(Beginning of Provided entries)

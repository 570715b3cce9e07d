-- ===== src/Tree/Search.antt =====
-- shar/core/tree.rs, `find_crdt`: the ring search for an identity's row and column.
pub mod Ring
use mathlib.Core.Option
use shario.Prelude.{
  ℕ, zero, suc, ◌+◌, ◌-◌, Bool, true, false, ◌&&◌, ◌||◌, Option, none, some, List, [], ◌∷◌, ltb,
  leb, if◌then◌else◌, Identity, same, identity_eq, length, get_elem?,
}
use shario.Types.{Error, generic, out_of_bounds, error_eq, Result, ok, err, fault}
use shario.Tree.File.{Projection, SharFile, root}

-- `line.iter().position(|&item| item == (id, peer))`
unfoldable pub position : Identity → List Identity → Option ℕ
position k [] = none
position k (x ∷ xs) = if same x k then some 0 else Option.map suc (position k xs)

abbrev pub up_exhausted : Error
up_exhausted = out_of_bounds "up exhausted"

abbrev pub down_exhausted : Error
down_exhausted = out_of_bounds "down exhausted"

-- `self.projection[row]` searched for `k`; the row must exist.
unfoldable pub search_row : Projection → ℕ → Identity → Result (ℕ × ℕ)
search_row proj row k = elim (get_elem? proj row) [
  | none ↦ fault
  | some line ↦ elim (position k line) [
    | some index ↦ ok (row, index)
    | none ↦ err (generic "not found on line")
  ]
]

-- The closures of `find_crdt`; the second part is the new value of the captured offset.
unfoldable pub check_up : Projection → Identity → ℕ → ℕ → Result (ℕ × ℕ) × ℕ
unfolding search_row
check_up proj k line_num up_offset =
    if ltb line_num up_offset
    then (err up_exhausted, up_offset)
    else elim (search_row proj (line_num - up_offset) k) [
      | ok at ↦ (ok at, up_offset)
      | err e ↦ (err e, up_offset + 1)
      | fault ↦ (fault, up_offset)
    ]

unfoldable pub check_down : Projection → Identity → ℕ → ℕ → Result (ℕ × ℕ) × ℕ
unfolding search_row
check_down proj k line_num down_offset =
    if leb (length proj) (line_num + down_offset)
    then (err down_exhausted, down_offset)
    else elim (search_row proj (line_num + down_offset) k) [
      | ok at ↦ (ok at, down_offset)
      | err e ↦ (err e, down_offset + 1)
      | fault ↦ (fault, down_offset)
    ]

-- What the loop makes of a closure's result: return a position, or note whether the side is done.
unfoldable pub unless_found : Result (ℕ × ℕ) → Error → (Bool → Result (ℕ × ℕ)) → Result (ℕ × ℕ)
unless_found (ok at) limit next = ok at
unless_found (err e) limit next = next (error_eq e limit)
unless_found fault limit next = fault

-- The loop's test and body; `next` is the next round.
unfoldable pub ring_round :
    Bool → Result (ℕ × ℕ) → Result (ℕ × ℕ) → (Bool → Bool → Result (ℕ × ℕ)) → Result (ℕ × ℕ)
unfolding unless_found error_eq
ring_round true up down next = err (out_of_bounds "parent cannot be found")
ring_round false up down next =
    unless_found up up_exhausted λ u. unless_found down down_exhausted λ d. next u d

-- The `while` loop of `find_crdt`, on fuel.
unfoldable pub ring_search : ℕ → Projection → Identity → ℕ → ℕ → ℕ → Bool → Bool → Result (ℕ × ℕ)
unfolding ring_round check_up check_down
ring_search zero proj k line_num up down up_done down_done = fault
ring_search (suc fuel) proj k line_num up down up_done down_done =
    ring_round (up_done && down_done) (check_up proj k line_num up).0
      (check_down proj k line_num down).0
      λ u d.
        ring_search fuel proj k line_num (check_up proj k line_num up).1
          (check_down proj k line_num down).1 (up_done || u) (down_done || d)

unfoldable pub search_from : Projection → Identity → ℕ → List Identity → Result (ℕ × ℕ)
search_from proj k line_num line = elim (position k line) [
  | some index ↦ ok (line_num, index)
  | none ↦ ring_search (length proj + 2) proj k line_num 1 1 false false
]

unfoldable pub find_crdt : SharFile → ℕ → Identity → Result (ℕ × ℕ)
unfolding search_from
find_crdt f line_num k = if same k root then ok (0, 0) else elim (get_elem? f.projection line_num) [
  | some line ↦ search_from f.projection k line_num line
  | none ↦ elim (get_elem? f.projection 0) [
    | some line ↦ search_from f.projection k 0 line
    | none ↦ fault
  ]
]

(End of Provided entries)

Take the line with "ring_search zero proj" and all lines after it through the end of the records, and write them out exactly; include nothing else.

_Problem solution_:
ring_search zero proj k line_num up down up_done down_done = fault
ring_search (suc fuel) proj k line_num up down up_done down_done =
    ring_round (up_done && down_done) (check_up proj k line_num up).0
      (check_down proj k line_num down).0
      λ u d.
        ring_search fuel proj k line_num (check_up proj k line_num up).1
          (check_down proj k line_num down).1 (up_done || u) (down_done || d)

unfoldable pub search_from : Projection → Identity → ℕ → List Identity → Result (ℕ × ℕ)
search_from proj k line_num line = elim (position k line) [
  | some index ↦ ok (line_num, index)
  | none ↦ ring_search (length proj + 2) proj k line_num 1 1 false false
]

unfoldable pub find_crdt : SharFile → ℕ → Identity → Result (ℕ × ℕ)
unfolding search_from
find_crdt f line_num k = if same k root then ok (0, 0) else elim (get_elem? f.projection line_num) [
  | some line ↦ search_from f.projection k line_num line
  | none ↦ elim (get_elem? f.projection 0) [
    | some line ↦ search_from f.projection k 0 line
    | none ↦ fault
  ]
]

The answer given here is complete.